Repeat the stretch of entries below from the line with "read = record" through the line with "by_outcome sig_request_current_check". Include both ends and add nothing.
[Provided records — start]
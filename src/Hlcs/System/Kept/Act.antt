-- ===== src/Hlcs/System/Kept/Act.antt =====
-- What the task does with an event, whatever its clients have pushed meanwhile: `HLCS_SmProcess` of
-- example/services/hwLockCtrlService/src/hwLockCtrlService.c.
use cpputest_for_freertos.Hlcs.{
  Kernel, Signal, queue_depth, Driver, Hlcs, sig_request_self_test, sig_request_current_check,
  sig_request_thread_exit, below_2000, sm_enter, sig_request_locked, sig_request_unlocked, sm_exit,
  hw_read_current,
}
use cpputest_for_freertos.Service.{ok, asserted, Outcome}
use cpputest_for_freertos.Base.{
  Bool, List, ◌≡◌, true, if◌then◌else◌, refl, ◌∷◌, subst, arith, sym, Bool-cases, ltb, false,
  length, inl, inr, ◌≤◌, Option, none,
}
use cpputest_for_freertos.Hlcs.Process.{Lock, request_of, shut, other, opened, state_of}
use cpputest_for_freertos.Service.EventQueue.{EventQueue}
use cpputest_for_freertos.Hlcs.Drain.{is_request}
use cpputest_for_freertos.Hlcs.System.Inv.{rests, Holds-of, Storing, Telling, enters, informs}
use cpputest_for_freertos.Hlcs.System.Inv.{
  Inv, Holds, Stands, InTest, tests, halts, no_room_front, high_current,
}
use cpputest_for_freertos.Hlcs.System.{System, after, waiting, after_command, telling}
use cpputest_for_freertos.Hlcs.System.Kept.Results.{
  tested-Holds, read-Stands, tested-InTest, tell_state_lem, moving-Storing, returning-Storing,
  told-Stands, stored-Telling,
}
use cpputest_for_freertos.Hlcs.Command.{dispatch_command}
use cpputest_for_freertos.Hlcs.System.Commands.{
  command-same, command-other, command-self_test, command-current_check, command-return,
  command-self_test_full,
}
use cpputest_for_freertos.Hlcs.Machine.{tell_state, store_state}

pub other-other : (l : Lock) → other (other l) ≡ l
other-other shut = refl
other-other opened = refl

module _ {Q : Type 0} (events : EventQueue Q Signal queue_depth) (driver : Driver)
    (kernel : Kernel) where
  open events use {send_to_front, contents, front_room, front_full}

  abbrev Kept : System Q → Type 0
  Kept = Inv events driver kernel

  abbrev Having : Hlcs Q → Q → List Signal → Type 0
  Having = Holds events driver kernel

  abbrev Standing : Hlcs Q → Lock → Type 0
  Standing = Stands events driver kernel

  module _ (s : Hlcs Q) (q : Q) (es : List Signal) (h : Having s q es) where
    abbrev acted : Signal → Outcome (Hlcs Q) (Option Lock)
    acted e = dispatch_command events driver e s

    by_outcome :
        (e : Signal) {out : Outcome (Hlcs Q) (Option Lock)}
        → acted e ≡ out
        → Kept (after_command s out)
        → Kept (after_command s (acted e))
    by_outcome e runs = subst (λ out. Kept (after_command s out)) (sym runs)

    module _ (l : Lock) (st : Standing s l) where
      same-Inv : Kept (after_command s (acted (request_of l)))
      same-Inv =
          by_outcome (request_of l) (command-same events driver kernel s l h.has st.current)
            (rests h st)

      other-Inv : Kept (after_command s (acted (request_of (other l))))
      other-Inv =
          by_outcome (request_of (other l))
            (command-other events driver kernel s l h.has st.current)
            (enters {l = other l} (Holds-of events driver kernel h h.has h.goes_on) (
              moving-Storing events driver kernel s q (other l)
                (subst (Standing s) (sym (other-other l)) st)))

      self_test-Inv : Kept (after_command s (acted sig_request_self_test))
      self_test-Inv = elim (Bool-cases (ltb (length es) queue_depth)) [
        | inl fits ↦
            let (sent, h') = tested-Holds events driver kernel s q l es h (ground (arith, fits)) in
            by_outcome sig_request_self_test
              (command-self_test events driver kernel s l h.has st.current sent)
              (tests {l = l} h' (tested-InTest events driver kernel s q l st))
        | inr fills ↦
            let full : queue_depth ≤ length (contents q) =
              subst (λ xs. queue_depth ≤ length xs) (sym h.waits) (ground (arith, fills)) in
            let at = front_full (request_of l) q full in
            by_outcome sig_request_self_test
              (command-self_test_full events driver kernel s l h.has st.current at.0)
              (halts (no_room_front _ refl (subst (λ xs. queue_depth ≤ length xs) (sym at.1) full)))
      ]

      -- The service after it has read the current.
      abbrev read : Hlcs Q
      read = record s { log = hw_read_current ∷ s.log }

      read-Inv :
          (low : Bool)
          → below_2000 (driver.read_current s.log) ≡ low
          → Kept (after_command s (if low then ok none read else asserted 425 read))
      read-Inv true e =
          rests {l = l} (Holds-of events driver kernel h h.has h.goes_on)
            (read-Stands events driver kernel s q l st)
      read-Inv false e = halts (high_current s.log refl e)

      current_check-Inv : Kept (after_command s (acted sig_request_current_check))
      current_check-Inv =
          by_outcome sig_request_current_check
            (command-current_check events driver kernel s l h.has st.current)
            (read-Inv (below_2000 (driver.read_current s.log)) refl)

    pub request-Inv :
        (l : Lock) (e : Signal)
        → Standing s l
        → is_request e ≡ true
        → Kept (after_command s (acted e))
    request-Inv shut sig_request_locked st r = same-Inv shut st
    request-Inv shut sig_request_unlocked st r = other-Inv shut st
    request-Inv opened sig_request_locked st r = other-Inv opened st
    request-Inv opened sig_request_unlocked st r = same-Inv opened st
    request-Inv l sig_request_self_test st r = self_test-Inv l st
    request-Inv l sig_request_current_check st r = current_check-Inv l st
    request-Inv l sig_request_thread_exit st r = ground (arith, r)
    request-Inv l sm_enter st r = ground (arith, r)
    request-Inv l sm_exit st r = ground (arith, r)

    pub return-Inv :
        (l : Lock) → InTest events driver kernel s l → Kept (after_command s (acted (request_of l)))
    return-Inv l st =
        by_outcome (request_of l) (command-return events driver kernel s l st.current) (
          enters {l = l} (Holds-of events driver kernel h h.has h.goes_on)
            (returning-Storing events driver kernel s q l st))

    pub store-Inv :
        (l : Lock)
        → Storing events driver kernel s l
        → Kept (after s (telling l) (store_state events driver (state_of l) s))
    store-Inv l st =
        informs (Holds-of events driver kernel h h.has h.goes_on)
          (stored-Telling events driver kernel s q l st)

    pub tell-Inv :
        (l : Lock)
        → Telling events driver kernel s l
        → Kept (after s waiting (tell_state events driver s))
    tell-Inv l st =
        subst (λ out. Kept (after s waiting out)) (sym (tell_state_lem events driver kernel s))
          (rests {l = l} (Holds-of events driver kernel h h.has h.goes_on)
            (told-Stands events driver kernel s q l st))
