-- ===== src/Hlcs/System/Works.antt =====
-- The task alone works off what waits: `HLCS_Task` of
-- example/services/hwLockCtrlService/src/hwLockCtrlService.c.
use cpputest_for_freertos.Hlcs.{
  sig_request_unlocked, sig_request_thread_exit, sm_enter, sm_exit, hw_read_current, Kernel, Signal,
  queue_depth, Driver, Hlcs, Effect, below_2000, sig_request_self_test, sig_request_current_check,
  sig_request_locked, lock_state_unknown,
}
use cpputest_for_freertos.Service.{ok, asserted}
use cpputest_for_freertos.Hlcs.System.{
  System, TaskStep, Alone, next, after, receives, acts, created, waiting, holding, done, begins,
  after_command, storing, telling, tells, stores,
}
use cpputest_for_freertos.Hlcs.System.Inv.{
  Holds, Stands, InTest, InTest-queue, Holds-of, Stands-queue, Telling, Storing,
}
use cpputest_for_freertos.Base.{
  Option, some, List, none, [], ◌∷◌, ◌≡◌, true, subst, sym, length, ◌<◌, ap, ◌∙◌, arith, refl,
  if◌then◌else◌,
}
use cpputest_for_freertos.Service.EventQueue.{EventQueue}
use cpputest_for_freertos.Hlcs.Process.{
  Lock, shut, request_of, other, self_tested, opened, state_of,
}
use cpputest_for_freertos.Hlcs.System.Kept.Receive.{after_receive, receive-next, Holds-taken}
use cpputest_for_freertos.Hlcs.Drain.{follow_all, is_request, follow}
use cpputest_for_freertos.Hlcs.System.Kept.Results.{
  tested-Holds, tested-InTest, read-Stands, returning-Storing, moving-Storing, tell_state_lem,
  stored-Telling, starting-Storing, told-Stands, informed,
}
use cpputest_for_freertos.Hlcs.Command.{dispatch_command}
use cpputest_for_freertos.Hlcs.System.Commands.{
  command-return, command-same, command-other, command-self_test, returning, moving,
  command-current_check, initialize_command_lem, starting,
}
use cpputest_for_freertos.Hlcs.System.Kept.Act.{other-other}

module _ {Q : Type 0} (events : EventQueue Q Signal queue_depth) (driver : Driver)
    (kernel : Kernel) where
  open events use {create, receive, contents, receive_first}

  abbrev Having : Hlcs Q → Q → List Signal → Type 0
  Having = Holds events driver kernel

  abbrev Standing : Hlcs Q → Lock → Type 0
  Standing = Stands events driver kernel

  abbrev pub waiting_in : Option Q → List Signal
  waiting_in none = []
  waiting_in (some q) = contents q

  -- The task alone comes from `x` to rest with no event, in position `l`.
  pub record Quiets (x : System Q) (l : Lock) : Type 0 where
    pub final : Hlcs Q
    pub run : Alone events driver kernel x (record { service = final; phase = waiting })
    pub nothing_waits : waiting_in final.event_queue ≡ []
    pub stands : Standing final l
    pub listens : final.state_changed_callback ≡ x.service.state_changed_callback

  first_step :
      {x y z : System Q} {l : Lock}
      → TaskStep events driver kernel x y
      → y ≡ z
      → z.service.state_changed_callback ≡ x.service.state_changed_callback
      → Quiets z l
      → Quiets x l
  first_step {x} {y} {z} st e listens later = record {
    final = later.final;
    run = next st (
        subst
          (λ w. Alone events driver kernel w (record { service = later.final; phase = waiting }))
          (sym e) later.run);
    nothing_waits = later.nothing_waits;
    stands = later.stands;
    listens = later.listens ∙ listens;
  }

  act_step :
      (e : Signal) {s t : Hlcs Q} {l : Lock}
      → dispatch_command events driver e s ≡ ok none t
      → t.state_changed_callback ≡ s.state_changed_callback
      → Quiets (record { service = t; phase = waiting }) l
      → Quiets (record { service = s; phase = holding e }) l
  act_step e {s} {t} {l} runs = first_step acts (ap (after_command s) runs)

  enter_step :
      (e : Signal) (m : Lock) {s t : Hlcs Q} {l : Lock}
      → dispatch_command events driver e s ≡ ok (some m) t
      → t.state_changed_callback ≡ s.state_changed_callback
      → Quiets (record { service = t; phase = storing m }) l
      → Quiets (record { service = s; phase = holding e }) l
  enter_step e m {s} {t} {l} runs = first_step acts (ap (after_command s) runs)

  receive_step :
      (e : Signal) (es : List Signal) {s : Hlcs Q} {q : Q} {l : Lock}
      → Having s q (e ∷ es)
      → Quiets (record { service = after_receive events driver kernel s q; phase = holding e }) l
      → Quiets (record { service = s; phase = waiting }) l
  receive_step e es {s} {q} {l} h =
      first_step (receives h.goes_on) (receive-next events driver kernel s q e es h.has h.waits)
        refl

  -- From rest, in any position, the task alone works off `es`.
  abbrev Works : List Signal → Type 0
  Works es =
      (l : Lock) (s : Hlcs Q) (q : Q)
      → Having s q es
      → Standing s l
      → Quiets (record { service = s; phase = waiting }) (follow_all l es)

  module _ (es : List Signal) (works_off : Works es) (l : Lock) (s : Hlcs Q) (q : Q)
      (h : Having s q es) where
    pub telling-Quiets :
        Telling events driver kernel s l
        → Quiets (record { service = s; phase = telling l }) (follow_all l es)
    telling-Quiets st =
        first_step tells (ap (after s waiting) (tell_state_lem events driver kernel s)) refl (
          works_off l (informed events driver kernel s) q
            (Holds-of events driver kernel h h.has h.goes_on)
            (told-Stands events driver kernel s q l st))

  module _ (es : List Signal) (works_off : Works es) (l : Lock) (s : Hlcs Q) (q : Q)
      (h : Having s q es) where
    pub storing-Quiets :
        Storing events driver kernel s l
        → Quiets (record { service = s; phase = storing l }) (follow_all l es)
    storing-Quiets st = first_step stores refl refl (
        telling-Quiets es works_off l (record s { lock_state = state_of l }) q
          (Holds-of events driver kernel h h.has h.goes_on)
          (stored-Telling events driver kernel s q l st))

  module _ (low : (log : List Effect) → below_2000 (driver.read_current log) ≡ true) where
    module _ (es : List Signal) (works_off : Works es) (l : Lock) (s : Hlcs Q) (q : Q) where
      pub return-Quiets :
          Having s q es
          → InTest events driver kernel s l
          → Quiets (record { service = s; phase = holding (request_of l) }) (follow_all l es)
      return-Quiets h st =
          enter_step (request_of l) l (command-return events driver kernel s l st.current) refl (
            storing-Quiets es works_off l (returning events driver kernel l s) q
              (Holds-of events driver kernel h h.has h.goes_on)
              (returning-Storing events driver kernel s q l st))

    module _ (es : List Signal) (works_off : Works es) (l : Lock) (s : Hlcs Q) (q : Q) where
      pub test-Quiets :
          Having s q (request_of l ∷ es)
          → InTest events driver kernel s l
          → Quiets (record { service = s; phase = waiting }) (follow_all l es)
      test-Quiets h st = receive_step (request_of l) es h (
          return-Quiets es works_off l (after_receive events driver kernel s q) (receive q).1
            (Holds-taken events driver kernel s q (request_of l) es h)
            (InTest-queue events driver kernel st))

    module _ (es : List Signal) (works_off : Works es) (s : Hlcs Q) (q : Q) (h : Having s q es)
        (room : length es < queue_depth) where
      same-Quiets :
          (l : Lock)
          → Standing s l
          → Quiets (record { service = s; phase = holding (request_of l) }) (follow_all l es)
      same-Quiets l st =
          act_step (request_of l) (command-same events driver kernel s l h.has st.current) refl
            (works_off l s q h st)

      other-Quiets :
          (l : Lock)
          → Standing s l
          → Quiets
              (record { service = s; phase = holding (request_of (other l)) })
              (follow_all (other l) es)
      other-Quiets l st =
          enter_step (request_of (other l)) (other l)
            (command-other events driver kernel s l h.has st.current) refl
            (storing-Quiets es works_off (other l) (moving events driver kernel (other l) s) q
              (Holds-of events driver kernel h h.has h.goes_on)
              (moving-Storing events driver kernel s q (other l)
                (subst (Standing s) (sym (other-other l)) st)))

      pub held-Quiets :
          (l : Lock) (e : Signal)
          → Standing s l
          → is_request e ≡ true
          → Quiets (record { service = s; phase = holding e }) (follow_all (follow l e) es)
      held-Quiets shut sig_request_locked st r = same-Quiets shut st
      held-Quiets opened sig_request_locked st r = other-Quiets opened st
      held-Quiets shut sig_request_unlocked st r = other-Quiets shut st
      held-Quiets opened sig_request_unlocked st r = same-Quiets opened st
      held-Quiets l sig_request_self_test st r =
          let (sent, h') = tested-Holds events driver kernel s q l es h room in
          act_step sig_request_self_test
            (command-self_test events driver kernel s l h.has st.current sent) refl
            (test-Quiets es works_off l (self_tested events driver kernel l s q)
              (events.send_to_front (request_of l) q).1 h'
              (tested-InTest events driver kernel s q l st))
      held-Quiets l sig_request_current_check st r =
          let t = record s { log = hw_read_current ∷ s.log } in
          act_step sig_request_current_check
            (command-current_check events driver kernel s l h.has st.current
              ∙ ap (λ b. if b then ok none t else asserted 425 t) (low s.log))
            refl
            (works_off l t q (Holds-of events driver kernel h h.has h.goes_on)
              (read-Stands events driver kernel s q l st))
      held-Quiets l sig_request_thread_exit st r = ground (arith, r)
      held-Quiets l sm_enter st r = ground (arith, r)
      held-Quiets l sm_exit st r = ground (arith, r)

    pub rest-Quiets : (es : List Signal) → Works es
    rest-Quiets [] l s q h st = record {
      final = s;
      run = done;
      nothing_waits = ap waiting_in h.has ∙ h.waits;
      stands = st;
      listens = refl;
    }
    rest-Quiets (e ∷ es) l s q h st = receive_step e es h (
        held-Quiets es (rest-Quiets es) (after_receive events driver kernel s q) (receive q).1
          (Holds-taken events driver kernel s q e es h) (ground (arith, h.fits)) l e
          (Stands-queue events driver kernel st) (ground (arith, h.requests)))

    pub created-Quiets :
        (s : Hlcs Q) (q : Q) (es : List Signal)
        → Having s q es
        → s.lock_state ≡ lock_state_unknown
        → Quiets (record { service = s; phase = created }) (follow_all shut es)
    created-Quiets s q es h e =
        first_step begins (ap (after_command s) (initialize_command_lem events driver kernel s))
          refl
          (storing-Quiets es (rest-Quiets es) shut (starting events driver kernel s) q
            (Holds-of events driver kernel h h.has h.goes_on)
            (starting-Storing events driver kernel s e))
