-- ===== src/Demo/Whole.antt =====
-- The whole demo: `main`, the keys typed, and the task of the lock service:
-- example/apps/demoPcApp/main.cpp.
use cpputest_for_freertos.Hlcs
use cpputest_for_freertos.Button
use cpputest_for_freertos.Demo
use cpputest_for_freertos.Service.{ok}
use cpputest_for_freertos.Demo.{
  Demo, main, heard, lock_state_change_callback, self_test_result_callback, user_input_task,
  waits_for_key,
}
use cpputest_for_freertos.Hlcs.Api
use cpputest_for_freertos.Hlcs.{
  Effect, hw_init, hw_lock, hw_unlock, hw_self_test, hw_read_current, notify_state,
  notify_self_test, task_created, task_deleted, queue_deleted, timer_created, timer_started,
  timer_deleted, LockState, Signal, queue_depth, Driver, Hlcs, below_2000,
}
use cpputest_for_freertos.Hlcs.System.Launch.{Willing, launch, launch-Holds}
use cpputest_for_freertos.Base.{
  List, ◌≡◌, some, arith, Bool, true, [], ◌∷◌, ℕ, false, length, ◌≤◌, ◌<◌, inl, inr, ap, ◌∙◌, refl,
}
use cpputest_for_freertos.Service.EventQueue.{EventQueue}
use cpputest_for_freertos.Hlcs.System.Inv.{last_notified}
use cpputest_for_freertos.Service.BinarySemaphore.{BinarySemaphore}
use cpputest_for_freertos.Button.{Reader}
use cpputest_for_freertos.Hlcs.Process.{Lock, state_of, shut}
use cpputest_for_freertos.Hlcs.System.Works.{Quiets, created-Quiets}
use cpputest_for_freertos.Hlcs.System.Inv.{Holds}
use cpputest_for_freertos.Demo.Spec.{leaves, requests_of}
use cpputest_for_freertos.Hlcs.System.{created}
use cpputest_for_freertos.Demo.Typed.{HlcsEnd, stays, destroyed, exit_event, end_of}
use cpputest_for_freertos.Hlcs.Drain.{follow_all}
use cpputest_for_freertos.Demo.Input.{user_input_task_lem}

-- `s_lastState` is the state that the callback was told last.
heard-last_state :
    (log : List Effect) (state : LockState)
    → last_notified log ≡ some state
    → (heard log).last_state ≡ state
unfolding heard lock_state_change_callback self_test_result_callback
heard-last_state [] state e = ground (arith, e)
heard-last_state (notify_state st ∷ log) state e = ground (arith, e)
heard-last_state (notify_self_test r ∷ log) state e = heard-last_state log state e
heard-last_state (hw_init ∷ log) state e = heard-last_state log state e
heard-last_state (hw_lock ∷ log) state e = heard-last_state log state e
heard-last_state (hw_unlock ∷ log) state e = heard-last_state log state e
heard-last_state (hw_self_test ∷ log) state e = heard-last_state log state e
heard-last_state (hw_read_current ∷ log) state e = heard-last_state log state e
heard-last_state (task_created ∷ log) state e = heard-last_state log state e
heard-last_state (task_deleted ∷ log) state e = heard-last_state log state e
heard-last_state (queue_deleted ∷ log) state e = heard-last_state log state e
heard-last_state (timer_created ∷ log) state e = heard-last_state log state e
heard-last_state (timer_started ∷ log) state e = heard-last_state log state e
heard-last_state (timer_deleted ∷ log) state e = heard-last_state log state e

module _ {Q S : Type 0} (events : EventQueue Q Signal queue_depth) (driver : Driver)
    (hlcs_kernel : Hlcs.Kernel) (sema : BinarySemaphore S) (reader : Reader)
    (button_kernel : Button.Kernel) where
  open events use {create}

  -- The kernel makes what the two services and the demo ask for.
  pub record Makes (q : Q) (h : S) (input_created : Bool) : Type 0 where
    pub queue_made : events.create ≡ some q
    pub sema_made : sema.create ≡ some h
    pub willing : Willing hlcs_kernel
    pub task_made : button_kernel.task_create ≡ true
    pub input_made : input_created ≡ true

  -- The demo when the scheduler starts.
  abbrev pub ready : Q → S → Demo Q S
  ready q h = record Demo.statics {
    hlcs = launch events driver hlcs_kernel true true q [];
    button = record Button.statics {
      event_sema = some h;
      thread = button_kernel.task_handle;
      callback = true;
      log = Button.task_created ∷ [];
    };
  }

  pub main_lem :
      {q : Q} {h : S} {b : Bool}
      → Makes q h b
      → main events driver hlcs_kernel sema reader button_kernel b Demo.statics ≡ ok tt (ready q h)
  unfolding main Api.init Api.start Api.register_change_state_callback
      Api.register_self_test_result_callback Button.init Button.start
      Button.register_button_change_callback
  main_lem v =
      let k = v.willing in
      ground (
        arith, v.queue_made, v.sema_made, v.task_made, v.input_made, k.timer_made, k.timer_begun,
        k.task_made,
      )

  -- The task of the lock service alone comes from `d` to rest in position `l`, and the demo shows
  -- that position.
  pub record Shows (d : Demo Q S) (l : Lock) : Type 0 where
    pub quiet : Quiets events driver hlcs_kernel (record { service = d.hlcs; phase = created }) l
    pub screen : (heard quiet.final.log).last_state ≡ state_of l

  stayed :
      {s t : Hlcs Q} {es : List Signal} {b : Bool}
      → b ≡ false
      → HlcsEnd events driver hlcs_kernel sema reader button_kernel s t es b
      → (q : Q) × (t ≡ record s { event_queue = some q }) × Holds events driver hlcs_kernel t q es
  stayed e (stays q same v) = (q, same, v)
  stayed e (destroyed log f) = ground (arith, e)

  created-Shows :
      ((log : List Effect) → below_2000 (driver.read_current log) ≡ true)
      → (d : Demo Q S) (q : Q) (es : List Signal) → d.hlcs.state_changed_callback ≡ true
      → Holds events driver hlcs_kernel d.hlcs q es
      → d.hlcs.lock_state ≡ Hlcs.lock_state_unknown
      → Shows d (follow_all shut es)
  created-Shows low d q es listens v unknown =
      let z = created-Quiets events driver hlcs_kernel low d.hlcs q es v unknown in
      record {
        quiet = z;
        screen = elim z.stands.told [
          | inl e ↦ absurd (ground (arith, e, z.listens, listens))
          | inr e ↦ heard-last_state z.final.log (state_of (follow_all shut es)) e
        ];
      }

  -- Let the kernel create what main asks for, let the driver read less than 2000 mA always, and let
  -- the keys ask for at most ten requests and not to exit. Then main comes to the start of the
  -- scheduler, the task for the keys comes to wait for the next, and the task of the lock service
  -- alone then comes to wait with no event, in the position to which the last request of the keys
  -- to lock or to unlock led, which is locked if there was none; the lock is commanded to this
  -- position, the service shows it, and the last state that the demo has been told of is that
  -- position.
  pub keys-Shows :
      (n : ℕ) (chs : List ℕ) (q : Q) (h : S) (input_created : Bool)
      → Makes q h input_created
      → ((log : List Effect) → below_2000 (driver.read_current log) ≡ true)
      → leaves chs ≡ false
      → length (requests_of chs) ≤ queue_depth
      → length chs < n
      → (d : Demo Q S) × (main events driver hlcs_kernel sema reader button_kernel input_created
            Demo.statics
          ≡ ok tt (ready q h))
        × (user_input_task events driver hlcs_kernel sema reader button_kernel n chs (ready q h)
            ≡ ok waits_for_key d)
        × Shows d (follow_all shut (requests_of chs))
  keys-Shows n chs q h b v low stay room short =
      let t =
        user_input_task_lem events driver hlcs_kernel sema reader button_kernel n chs (ready q h) q
          [] h short (launch-Holds events driver hlcs_kernel true true q [] v.queue_made) refl
          (omega (arith, room, ap exit_event stay)) in
      let (q', same, v') = stayed stay t.service in
      (
        t.final,
        main_lem v,
        t.runs ∙ ap (λ b. ok (end_of b) t.final) stay,
        created-Shows low t.final q' (requests_of chs)
            (ap (λ (s : Hlcs Q). s.state_changed_callback) same) v'
            (ap (λ (s : Hlcs Q). s.lock_state) same),
      )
[Provided records — finish]
§ **Answer section**:
      read = record s { log = hw_read_current ∷ s.log }

      read-Inv :
          (low : Bool)
          → below_2000 (driver.read_current s.log) ≡ low
          → Kept (after_command s (if low then ok none read else asserted 425 read))
      read-Inv true e =
          rests {l = l} (Holds-of events driver kernel h h.has h.goes_on)
            (read-Stands events driver kernel s q l st)
      read-Inv false e = halts (high_current s.log refl e)

      current_check-Inv : Kept (after_command s (acted sig_request_current_check))
      current_check-Inv =
          by_outcome sig_request_current_check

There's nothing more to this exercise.